Date of Completion

7-21-2017

Embargo Period

7-21-2017

Keywords

Language Acquisition, Language input, Sign language, Morphology, Deaf, Emerging language, Nicaraguan Sign Language, Heritage language, Spatial grammar, Peer interaction

Major Advisor

Marie Coppola

Associate Advisor

Letitia Naigles

Associate Advisor

Jennie E. Pyers

Field of Study

Psychology

Degree

Doctor of Philosophy

Open Access

Open Access

Abstract

Individual children regularize inconsistent language input; many consider this the driving force for language change and emergence. Prior work on Nicaraguan Sign Language found that child learners, created morphological structures that had not existed previously. First-Cohort signers produced spatial modulations inconsistently, both within and across individuals.
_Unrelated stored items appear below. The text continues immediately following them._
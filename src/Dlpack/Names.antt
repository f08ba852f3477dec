-- ===== src/Dlpack/Names.antt =====
-- PyTorch's names of the types of csrc/instant_tensor/dlpack_utils.hpp, from their kinds and widths.
use Prim.Native.String.{String, ◌++◌}
use instant_tensor.Base.{ℕ, ◌==◌, if◌then◌else◌}
use instant_tensor.Dlpack.{
  DlCode, dl_bool, dl_int, dl_uint, dl_float, dl_bfloat, dl_complex, dl_float4_e2m1fn,
  dl_float8_e5m2, dl_float8_e5m2fnuz, dl_float8_e4m3fn, dl_float8_e4m3fnuz, dl_float8_e8m0fnu,
  DlDataType,
}

-- The widths in decimal.
abbrev decimal : ℕ → String
decimal n =
    if n == 4
    then "4"
    else if n == 8
    then "8"
    else if n == 16
    then "16"
    else if n == 32
    then "32"
    else if n == 64
    then "64"
    else ""

-- What PyTorch calls a type: its kind and its width in bits, and the layout of a small float.
abbrev pub name_of_code : DlCode → ℕ → String
name_of_code dl_bool bits = if bits == 8 then "bool" else ""
name_of_code dl_int bits = "int" ++ decimal bits
name_of_code dl_uint bits = "uint" ++ decimal bits
name_of_code dl_float bits = "float" ++ decimal bits
name_of_code dl_bfloat bits = "bfloat" ++ decimal bits
name_of_code dl_complex bits = "complex" ++ decimal bits
name_of_code dl_float4_e2m1fn bits = "float" ++ (decimal bits ++ "_e2m1fn_x2")
name_of_code dl_float8_e5m2 bits = "float" ++ (decimal bits ++ "_e5m2")
name_of_code dl_float8_e5m2fnuz bits = "float" ++ (decimal bits ++ "_e5m2fnuz")
name_of_code dl_float8_e4m3fn bits = "float" ++ (decimal bits ++ "_e4m3fn")
name_of_code dl_float8_e4m3fnuz bits = "float" ++ (decimal bits ++ "_e4m3fnuz")
name_of_code dl_float8_e8m0fnu bits = "float" ++ (decimal bits ++ "_e8m0fnu")

abbrev pub name_of : DlDataType → String
name_of t = if t.lanes == 1 then name_of_code t.code t.bits else ""
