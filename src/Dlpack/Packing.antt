-- ===== src/Dlpack/Packing.antt =====
-- Which tensors pack_dlpack of csrc/instant_tensor/dlpack_utils.hpp describes, and of which type.
use Prim.Native.String.{String}
use text.Mathlib.Text.{◌==◌}
use instant_tensor.Base.{◌≡◌, ◌≢◌, ◌⊎◌, Bool, true, ◌&&◌, List, [], ◌∷◌}
use instant_tensor.Dlpack.{DlDataType}
use instant_tensor.Dlpack.Names.{name_of}

abbrev pub AllOther : String → List (String × DlDataType) → Type 0
AllOther s [] = Unit
AllOther s ((name, t) ∷ rest) = (s ≢ name) × AllOther s rest

abbrev pub Listed : String → DlDataType → List (String × DlDataType) → Type 0
Listed s t [] = ⊥
Listed s t ((name, u) ∷ rest) = ((s ≡ name) × (t ≡ u)) ⊎ Listed s t rest

-- Whether each type is listed under its name.
abbrev all_named : List (String × DlDataType) → Bool
all_named [] = true
all_named ((name, t) ∷ rest) = (name_of t == name) && all_named rest
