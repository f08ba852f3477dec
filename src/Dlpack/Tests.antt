-- ===== src/Dlpack/Tests.antt =====
-- A tensor of two rows of three elements.
use instant_tensor.Base.{◌≡◌, ◌<◌, [], ◌∷◌, arith}
use instant_tensor.Dlpack.{strides_of, offset, row_major, product, strides_row_major}

strides_row_major_example :
    (offset (1 ∷ 2 ∷ []) (strides_of (2 ∷ 3 ∷ [])) ≡ row_major 0 (1 ∷ 2 ∷ []) (2 ∷ 3 ∷ []))
    × (offset (1 ∷ 2 ∷ []) (strides_of (2 ∷ 3 ∷ [])) < product (2 ∷ 3 ∷ []))
strides_row_major_example =
    strides_row_major (1 ∷ 2 ∷ []) (2 ∷ 3 ∷ []) (omega arith, (omega arith, tt)) (omega arith)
However, younger Second-Cohort signers who received this inconsistent input produced spatial modulations consistently, innovating morphological structure that had not previously existed in the grammar. Second-Cohort signers benefited from both older-to-younger language learning and peer-to-peer interactions, obscuring the contributions of each. This dissertation disentangles these factors by exploring a sociolinguistic context in which children receive inconsistent linguistic input and also lack linguistic peers: the hearing children of First-Cohort signers. Three studies investigated participants’ signed productions, interpretations of others’ productions, and non-linguistic encoding of spatial events. Results show that (1) individual children can regularize inconsistent input without the benefit of linguistic peers; however, (2) the unique sociocommunicative situation faced by Coda children drives them to regularize in unpredicted ways. They produced unrotated layouts more often than the First-Cohort, despite the strong preference of Second-Cohort signers for rotated layouts. Codas interpreted others’ spatial modulations flexibly, a potential consequence of the lack of a peer language network. These results resonate with findings regarding heritage language learners, whose lack of linguistic peers limits their acquisition of their parents’ native language. These findings have important implications for Deaf children in mainstreamed educational settings, whose sign language input comes primarily from non-fluent adult signers, and who rarely have signing linguistic peers.